I say Raptor. I have the smallest one. The side pockets are nice for quick access and makes for good sturdy hip retention. 3L res. I love the tool roll that was included.


----------



## k9adv (Mar 17, 2018)

I greatly prefer packs with shove it type pockets, like the ones on the Raptor. 
Those pockets are great for wet items.


----------



## 6280 (Nov 27, 2016)

I also have the Raptor. Perfect for the 2-4hour summer rides. 

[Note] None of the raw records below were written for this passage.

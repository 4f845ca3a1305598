-- ===== src/Settings.antt =====
-- src/settings: the helper that writes the settings files.
pub mod Disk
pub mod Files
pub mod Operations
pub mod Input
pub mod Main
mod Tests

Sent from my iPhone using Tapatalk


----------



## Nubster (May 15, 2009)

I really like my Dakaine Drafter 14L.


----------



## jjc155 (Aug 9, 2011)

thanks for the additional info guys

J-


----------



## Pedalon2018 (Apr 24, 2018)

jjc155 said:


> thanks for the additional info guys
> 
> J-


Thule has a new line this year called Vital 3,6 or 9. I have the 3. Thin, narrow and rides low. Carries 3 25 g inflators, Silica tool kit, tube, wallet, keys and personal protection on certain days. Best hose retainer I have seen using seven magnets and always flips back in place. Comes in Blue or black. I paid 80.00 USD. Very happy so far.


----------



## Pedalon2018 (Apr 24, 2018)

Nubster said:


> I really like my Dakaine Drafter 14L.
> 
> View attachment 1201444


Now that's a big boy!


----------



## MudderNutter (Oct 23, 2014)

I have a syncro 10, and dig it for big backcountry rides. It has more room inside of it than the equivalent raptor if that matters to ya. The mesh back on it is really nice. The syncro used to be my only hydration pack, but it is more than I want to take on rides under 3 hours... so I picked up a camelbak rogue for 50 bucks. Great compliments to eachother!


----------



## guido316 (Apr 20, 2018)

I have a Raptor 10 and love it. Plenty of room, with multiple pockets .


----------



## k2rider1964 (Apr 29, 2010)

I have the Raptor 10 and then bought the 14 for the larger carrying capacity of gear for longer rides where I carry a jacket, knee pads, etc...


----------



## mtnbkrmike (Mar 26, 2015)

Camlebak Volt and Skyline owner. Until you have tried low riding lumbar packs, you really don't know what you are missing. A revolutionary design, with top of the line fit and finish.


----------



## guitarguy (Jul 26, 2017)

+1 for the Raptor!

I just bought my first hydration pack and have been on 5-6 rides with it. Bye bye bottles. I was worried about comfort and it moving around and stuff...but honestly I barely notice it while riding. Fit is amazing. 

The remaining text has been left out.